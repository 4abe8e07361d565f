-- ===== src/Migration/Assess.antt =====
-- `assess` and `_advance` of manager/scan_orchestrator.py. What a migration takes from its host: `str`
-- and `json.dumps` of JSON values, `float`, the hexadecimal digest, and fresh ids.
use pq_migration_gateway.Prelude.{
  String, Bool, true, false, ◌||◌, List, [], ◌∷◌, map, Option, none, some, ◌==◌, append,
  if◌then◌else◌, any,
}
use pq_migration_gateway.Prelude.Int.{ℤ}
use pq_migration_gateway.Prelude.Text.{upper, lower}
use pq_migration_gateway.Result.{Result, ok}
use pq_migration_gateway.Exec.{Exec, query, ◌>>=◌, ◌>>◌, pure}
use pq_migration_gateway.Json.{Json, bool, real, str, arr, obj, array, dict}
use pq_migration_gateway.Gateway.Text.{join}
use pq_migration_gateway.Store.Tables.{MigrationState}
use pq_migration_gateway.Store.Scans.{create_asset_assessment}
use pq_migration_gateway.Store.Inventory.{text_or, objects, max_risk}
use pq_migration_gateway.Report.Texts.{contains_any, contains}
use pq_migration_gateway.StateMachine.{
  Change, get_state, same_state, source_of, state_name, transition,
}
use pq_migration_gateway.Discovery.Lists.{AssetReport, get_crypto_asset}
use pq_migration_gateway.World.{World, Host}
use pq_migration_gateway.Agent.{on_store}

-- A float: a NaN, an infinity, or a value in millionths.
pub data Float : Type 0 where
  nan : Float
  infinite : Bool → Float
  finite : ℤ → Float

-- `as_float` is `float(v)` and `float_text` the text of a float in JSON; `column_text` is the text that SQLite compares a number with in a TEXT
-- column.
pub record Python : Type 0 where
  pub dumps : Json → String
  pub as_float : Json → Result Float
  pub float_text : Float → String
  pub column_text : Json → String
  pub fresh_id : String

unfoldable pub all_evidence : Python → AssetReport → List String
all_evidence py asset =
    asset.asset.algorithm ∷ py.dumps asset.asset.payload ∷ map py.dumps asset.evidence

abbrev classical_algorithms : List String
classical_algorithms = "RSA" ∷ "ECDSA" ∷ "ECDH" ∷ "DIFFIE-HELLMAN" ∷ []

abbrev pqc_algorithms : List String
pqc_algorithms = "ML-KEM" ∷ "MLKEM" ∷ "ML-DSA" ∷ "X25519MLKEM" ∷ "LIBOQS" ∷ "OQS_" ∷ []

pub record AssetFindings : Type 0 where
  pub risk : String
  pub classical : Bool
  pub openssl : Bool
  pub pqc : Bool

-- What `assess` reads out of the asset and its evidence; the payloads that are stored are objects.
unfoldable pub asset_findings : Host → Python → AssetReport → AssetFindings
unfolding max_risk contains_any contains join upper lower all_evidence
asset_findings h py asset =
    let rows = objects asset.evidence in
    let searchable = upper (join "\n" (all_evidence py asset)) in
    record {
      risk = max_risk asset.asset.risk (map (text_or h.python_str "risk" "INFO") rows);
      classical = contains_any classical_algorithms searchable;
      openssl =
          contains "OPENSSL" searchable
          || any (λ r. lower (text_or h.python_str "library" "" r) == "openssl") rows;
      pqc = contains_any pqc_algorithms searchable;
    }

abbrev when : Bool → String → List String → List String
when test reason rest = if test then reason ∷ rest else rest

abbrev or_unknown : List String → List String
or_unknown [] =
    "Cryptographic evidence requires owner and service correlation before migration." ∷ []
or_unknown (r ∷ rs) = r ∷ rs

unfoldable pub assessment_reasons : AssetFindings → List String
assessment_reasons f = or_unknown (
    when f.classical "Classical public-key cryptography was found and is quantum-vulnerable." (
      when f.openssl
        "OpenSSL interfaces or dependencies provide a practical TLS migration boundary."
        (when f.pqc "PQC or hybrid interfaces were already observed and must be verified online."
          [])))

unfoldable pub assessment_result : String → AssetFindings → Json
unfolding assessment_reasons
assessment_result asset_id f = obj (
    dict (
      ("asset_id", str asset_id)
      ∷ ("risk", str f.risk)
      ∷ ("decision", str (if f.classical then "MIGRATION_REQUIRED" else "VERIFY_AND_PLAN"))
      ∷ ("recommended_initial_mode", str "compatibility")
      ∷ ("target_mode", str "strict")
      ∷ ("reasons", arr (array (map (λ r. str r) (assessment_reasons f))))
      ∷ (
        "guardrails",
        obj (
            dict (
              ("required_verification", bool true)
              ∷ ("maximum_fallback_rate_for_strict", real "0.01")
              ∷ ("strict_groups", arr (array (str "X25519MLKEM768" ∷ [])))
              ∷ [])),
      )
      ∷ []))

abbrev assessment_id : Python → String
assessment_id py = append "assessment-" py.fresh_id

-- `assess`, with the id of the assessment
unfoldable pub assess : Host → Python → String → String → Exec World String
unfolding asset_findings assessment_result on_store
assess h py asset_id actor = do
  asset ← query (λ w. get_crypto_asset asset_id 1000 w.store)
  let found = asset_findings h py asset
  on_store (
      create_asset_assessment (assessment_id py) asset_id found.risk
        (assessment_result asset_id found) actor)
  pure (assessment_id py)

abbrev pub is_state : MigrationState → Option MigrationState → Bool
is_state target none = false
is_state target (some m) = same_state m target

-- One target of `_advance`: it is skipped if the service is there already.
unfoldable pub advance_to : String → Change → MigrationState → Exec World (Unit {0})
unfolding on_store state_name
advance_to sid change target = do
  there ← query (λ w. ok (is_state target (source_of (get_state sid w.store))))
  if there then pure tt else on_store (transition sid (state_name target) change)

-- `_advance`
unfoldable pub advance : String → Change → List MigrationState → Exec World (Unit {0})
unfolding advance_to
advance sid change [] = pure tt
advance sid change (t ∷ ts) = do advance_to sid change t; advance sid change ts
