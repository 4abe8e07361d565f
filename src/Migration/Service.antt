-- ===== src/Migration/Service.antt =====
-- `_compatibility_service` and the constants of manager/scan_orchestrator.py. A `dict` method that is
-- called on a value of another kind raises an `AttributeError`.
use pq_migration_gateway.Prelude.{
  String, Bool, true, false, List, [], ◌∷◌, Option, none, some, map, ◌==◌, if◌then◌else◌, is_some,
  not,
}
use pq_migration_gateway.Prelude.Int.{pos}
use pq_migration_gateway.Result.{
  Result, ok, err, value_error, attribute_error, ◌>>=◌, ◌>>◌, require,
}
use pq_migration_gateway.Json.{
  Json, Fields, bool, num, str, arr, obj, array, find, get_or, get, insert, update, dict, truthy,
}
use pq_migration_gateway.Store.Inventory.{text}

-- DEFAULTS
abbrev pub migration_defaults : Json
migration_defaults = obj (
    dict (
      ("certificate", str "/etc/pq-gateway/certs/server.crt")
      ∷ ("certificate_key", str "/etc/pq-gateway/certs/server.key")
      ∷ ("client_ca", str "/etc/pq-gateway/certs/ca.crt")
      ∷ ("upstream_ca", str "/etc/pq-gateway/certs/upstream/ca.crt")
      ∷ ("dns_resolver", str "127.0.0.11")
      ∷ ("connect_timeout", str "5s")
      ∷ ("send_timeout", str "60s")
      ∷ ("read_timeout", str "60s")
      ∷ []))

abbrev pub group_list : List String → Json
group_list names = arr (array (map (λ g. str g) names))

abbrev pub tls_mode : String → List String → Fields
tls_mode mode names = dict (("mode", str mode) ∷ ("groups", group_list names) ∷ [])

abbrev pub hybrid_groups : List String
hybrid_groups = "X25519MLKEM768" ∷ "X25519" ∷ []

abbrev pub strict_groups : List String
strict_groups = "X25519MLKEM768" ∷ []

abbrev pub rollout : Bool → Json
rollout fallback = obj (
    dict (
      ("policy", str "fixed")
      ∷ ("hybrid_percentage", num (pos 100))
      ∷ ("fallback_allowed", bool fallback)
      ∷ []))

-- `d.setdefault(key, value)`, as the new `d`
unfoldable pub set_default : String → Json → Fields → Fields
unfolding find insert
set_default key value fs = elim (find key fs) [ some _ ↦ fs | none ↦ insert key value fs ]

abbrev pub section_of : Option Json → Json
section_of none = obj Fields.end
section_of (some v) = v

-- A change of the `dict` that `spec.setdefault(key, {})` gives.
abbrev pub as_section : Json → Result Fields
as_section (obj section) = ok section
as_section _ = err (attribute_error "dict")

unfoldable pub change_section : String → (Fields → Fields) → Fields → Result Fields
unfolding find insert
change_section key change fs = do
  section ← as_section (section_of (find key fs))
  ok (insert key (obj (change section)) fs)

abbrev file_key : String → Json
file_key reference = obj (dict (("provider", str "file") ∷ ("reference", str reference) ∷ []))

abbrev pub downstream_defaults : Fields → Fields
downstream_defaults section = set_default "client_ca" (str "/etc/pq-gateway/certs/ca.crt") (
    set_default "private_key" (file_key "/etc/pq-gateway/certs/server.key") (
      set_default "certificate" (str "/etc/pq-gateway/certs/server.crt") (
        set_default "client_auth" (str "off")
          (update section (tls_mode "compatibility" hybrid_groups)))))

abbrev pub timeouts : Json
timeouts = obj (dict (("connect", str "5s") ∷ ("send", str "60s") ∷ ("read", str "60s") ∷ []))

abbrev pub spec_defaults : Fields → Fields
spec_defaults spec = set_default "protocol_options" (obj Fields.end) (
    set_default "audit" (obj (dict (("enabled", bool true) ∷ [])))
      (insert "rollout" (rollout true) (set_default "timeouts" timeouts spec)))

abbrev verify_default : Fields → Json
verify_default section = if truthy (get "enabled" section) then str "on" else str "off"

abbrev no_identity : Json
no_identity = obj (dict (("certificate", str "") ∷ ("private_key", file_key "") ∷ []))

abbrev upstream_verify : Fields → Fields
upstream_verify section = set_default "verify" (verify_default section) section

abbrev pub upstream_defaults : Fields → Fields
upstream_defaults section = set_default "client_identity" no_identity (
    set_default "ca" (str "/etc/pq-gateway/certs/upstream/ca.crt")
      (set_default "sni" (str "") (upstream_verify (set_default "enabled" (bool false) section))))

abbrev has : String → Fields → Bool
has key fs = is_some (find key fs)

-- The guards of `_compatibility_service`.
unfoldable pub check_service : (Json → String) → Fields → Result (Unit {0})
unfolding find get_or
check_service python_str spec = do
  require (not (text python_str (get_or "id" (str "") spec) == ""))
      (value_error "migration service.id is required")
  require (has "adapter" spec) (value_error "adapter")
  require (has "listen" spec) (value_error "listen")
  require (has "upstream" spec) (value_error "upstream")

unfoldable pub compatibility_service : (Json → String) → Fields → Result Fields
unfolding check_service change_section set_default get
compatibility_service python_str service = do
  checked ← check_service python_str service
  downstream ← change_section "downstream_tls" downstream_defaults service
  let spec = spec_defaults downstream
  upstream ← as_section (get "upstream" spec)
  upstream_tls ← change_section "tls" upstream_defaults upstream
  ok (insert "upstream" (obj upstream_tls) spec)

· · ·

### [EXERCISE PROMPT]
Reproduce exactly, and only, the part of the listing above that begins at the line with "pub openssl : Bool" and goes on through the line with "r) (assessment_reasons f))))".

### [RESULT OF THIS TASK]
  pub openssl : Bool
  pub pqc : Bool

-- What `assess` reads out of the asset and its evidence; the payloads that are stored are objects.
unfoldable pub asset_findings : Host → Python → AssetReport → AssetFindings
unfolding max_risk contains_any contains join upper lower all_evidence
asset_findings h py asset =
    let rows = objects asset.evidence in
    let searchable = upper (join "\n" (all_evidence py asset)) in
    record {
      risk = max_risk asset.asset.risk (map (text_or h.python_str "risk" "INFO") rows);
      classical = contains_any classical_algorithms searchable;
      openssl =
          contains "OPENSSL" searchable
          || any (λ r. lower (text_or h.python_str "library" "" r) == "openssl") rows;
      pqc = contains_any pqc_algorithms searchable;
    }

abbrev when : Bool → String → List String → List String
when test reason rest = if test then reason ∷ rest else rest

abbrev or_unknown : List String → List String
or_unknown [] =
    "Cryptographic evidence requires owner and service correlation before migration." ∷ []
or_unknown (r ∷ rs) = r ∷ rs

unfoldable pub assessment_reasons : AssetFindings → List String
assessment_reasons f = or_unknown (
    when f.classical "Classical public-key cryptography was found and is quantum-vulnerable." (
      when f.openssl
        "OpenSSL interfaces or dependencies provide a practical TLS migration boundary."
        (when f.pqc "PQC or hybrid interfaces were already observed and must be verified online."
          [])))

unfoldable pub assessment_result : String → AssetFindings → Json
unfolding assessment_reasons
assessment_result asset_id f = obj (
    dict (
      ("asset_id", str asset_id)
      ∷ ("risk", str f.risk)
      ∷ ("decision", str (if f.classical then "MIGRATION_REQUIRED" else "VERIFY_AND_PLAN"))
      ∷ ("recommended_initial_mode", str "compatibility")
      ∷ ("target_mode", str "strict")
      ∷ ("reasons", arr (array (map (λ r. str r) (assessment_reasons f))))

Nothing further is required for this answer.